◆ Activity ◆
The lines needed are those from the start of the records through the line holding "message_navigate : WindowListener", each copied exactly.
───
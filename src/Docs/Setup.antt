-- ===== src/Docs/Setup.antt =====
-- `window.__app` of docs/js/app.js with the listeners that it and the script bind, over the pages
-- that are shown: `navResizer`, `navExpander`, `searchFrameButtons`, `navigationChange` and the
-- listener of messages. The functions of other modules that it calls are told by a list.
pub mod Events
pub mod Counts
pub mod Called
pub mod Posted
pub mod Bound
pub mod Expanding
pub mod Expander
use oauth.Prelude.{
  ℕ, zero, suc, List, [], ◌∷◌, ◌++◌, Bool, true, false, Option, none, some, Bytes, ◌==◌,
  if◌then◌else◌, map,
}
use oauth.Docs.Resizer.{Resizer, restore_width}

-- The listeners of `window`: messages that ask for a page, messages of the Escape key, and the others.
pub data WindowListener : Type 0 where
  message_navigate : WindowListener
  message_escape : WindowListener
  resize : WindowListener
  popstate : WindowListener

pub data PointerListener : Type 0 where
  pointer_down : PointerListener
  pointer_up : PointerListener
  pointer_moved : PointerListener

-- A `.full_list_link`, with `dataset.yardSearchFrameBound` and the number of its click listeners.
pub record Link : Type 0 where
  pub bound : Bool
  pub click_listeners : ℕ

-- The functions that `__app` calls for the main element of the page.
pub data Part : Type 0 where
  source_links : Part
  define_links : Part
  full_tree_links : Part
  link_summaries : Part
  summary_toggles : Part
  constant_summary_toggles : Part
  table_of_contents : Part
  main_focus : Part

pub record Setup : Type 0 where
  pub navigation_listener_bound : Bool
  pub navigation_change_bound : Bool
  pub nav_resizer_bound : Bool
  pub search_frame_globals_bound : Bool
  pub nav_expander_timer : Option ℕ
  pub nav_expander_token : ℕ
  pub window_listeners : List WindowListener
  pub links : List Link
  -- #resizer, if the page has it
  pub resizer : Option Resizer
  pub resizer_listeners : List PointerListener
  -- whether the page has #nav, and what listens to its load, by the token captured
  pub has_frame : Bool
  pub frame_listeners : List ℕ
  -- the pending timers, by number, with the token captured
  pub timers : List (ℕ × ℕ)
  pub next_timer : ℕ
  -- undefined, null or a path
  pub path_id : Option (Option Bytes)
  pub posted : List Bytes
  pub parts : List Part
  -- `document.readyState === "loading"`, and the callbacks that wait for its end
  pub loading : Bool
  pub waiting : List Bool

-- What is listening, after a binding that its flag guards.
unfoldable pub bind_once : {A : Type 0} → Bool → List A → List A → List A
bind_once true new listeners = listeners
bind_once false new listeners = listeners ++ new

resize_with : Option Resizer → Setup → Setup
unfolding bind_once
resize_with none s = s
resize_with (some r) s = record s {
  resizer = some (restore_width r);
  resizer_listeners =
      bind_once s.nav_resizer_bound (pointer_down ∷ pointer_up ∷ pointer_moved ∷ [])
        s.resizer_listeners;
  nav_resizer_bound = true;
}

unfoldable pub nav_resizer : Setup → Setup
unfolding resize_with
nav_resizer s = resize_with s.resizer s

-- `clearTimeout`
unfoldable pub clear_timer : Option ℕ → List (ℕ × ℕ) → List (ℕ × ℕ)
clear_timer none timers = timers
clear_timer (some id) [] = []
clear_timer (some id) ((other, token) ∷ timers) =
    let rest = clear_timer (some id) timers in if other == id then rest else (other, token) ∷ rest

listen_load : Bool → ℕ → List ℕ → List ℕ
listen_load true token listeners = listeners ++ token ∷ []
listen_load false token listeners = listeners

-- `navExpander` behind its guards.
unfoldable pub start_expander : Setup → Setup
unfolding listen_load clear_timer
start_expander s = record s {
  nav_expander_token = suc s.nav_expander_token;
  frame_listeners = listen_load s.has_frame (suc s.nav_expander_token) s.frame_listeners;
  timers =
      clear_timer s.nav_expander_timer s.timers ++ (s.next_timer, suc s.nav_expander_token) ∷ [];
  nav_expander_timer = some s.next_timer;
  next_timer = suc s.next_timer;
}

expand_with : Bool → Option (Option Bytes) → Setup → Setup
expand_with true (some path_id) s = start_expander s
expand_with _ _ s = s

unfoldable pub nav_expander : Bool → Setup → Setup
unfolding expand_with
nav_expander enabled s = expand_with enabled s.path_id s

unfoldable pub bind_link : Link → Link
bind_link l =
    if l.bound then l else record { bound = true; click_listeners = suc l.click_listeners }

unfoldable pub search_frame_buttons : Setup → Setup
unfolding bind_link bind_once
search_frame_buttons s = record s {
  links = map bind_link s.links;
  window_listeners =
      bind_once s.search_frame_globals_bound (message_escape ∷ resize ∷ []) s.window_listeners;
  search_frame_globals_bound = true;
}

unfoldable pub navigation_change : Setup → Setup
unfolding bind_once
navigation_change s = record s {
  window_listeners = bind_once s.navigation_change_bound (popstate ∷ []) s.window_listeners;
  navigation_change_bound = true;
}

unfoldable pub call_parts : List Part → Setup → Setup
call_parts parts s = record s { parts = s.parts ++ parts }

-- The callback that `__app` gives to `ready`.
unfoldable pub set_up : Bool → Setup → Setup
unfolding nav_resizer nav_expander call_parts search_frame_buttons navigation_change
set_up rehydrate_nav s =
    let outer = nav_expander rehydrate_nav (nav_resizer s) in
    let linked = call_parts (source_links ∷ define_links ∷ full_tree_links ∷ []) outer in
    let framed = search_frame_buttons linked in
    let rest =
      link_summaries ∷ summary_toggles ∷ constant_summary_toggles ∷ table_of_contents ∷ main_focus
      ∷ [] in
    navigation_change (call_parts rest framed)

-- `ready`, of that callback
call_ready : Bool → Bool → Setup → Setup
call_ready true rehydrate_nav s = record s { waiting = s.waiting ++ rehydrate_nav ∷ [] }
call_ready false rehydrate_nav s = set_up rehydrate_nav s

-- `window.__app`
unfoldable pub app : Bool → Setup → Setup
unfolding call_ready set_up
app rehydrate_nav s = call_ready s.loading rehydrate_nav s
───
◆ Task output ◆
filename src/Docs/Setup.antt
-- ===== src/Docs/Setup.antt =====
-- `window.__app` of docs/js/app.js with the listeners that it and the script bind, over the pages
-- that are shown: `navResizer`, `navExpander`, `searchFrameButtons`, `navigationChange` and the
-- listener of messages. The functions of other modules that it calls are told by a list.
pub mod Events
pub mod Counts
pub mod Called
pub mod Posted
pub mod Bound
pub mod Expanding
pub mod Expander
use oauth.Prelude.{
  ℕ, zero, suc, List, [], ◌∷◌, ◌++◌, Bool, true, false, Option, none, some, Bytes, ◌==◌,
  if◌then◌else◌, map,
}
use oauth.Docs.Resizer.{Resizer, restore_width}

-- The listeners of `window`: messages that ask for a page, messages of the Escape key, and the others.
pub data WindowListener : Type 0 where
  message_navigate : WindowListener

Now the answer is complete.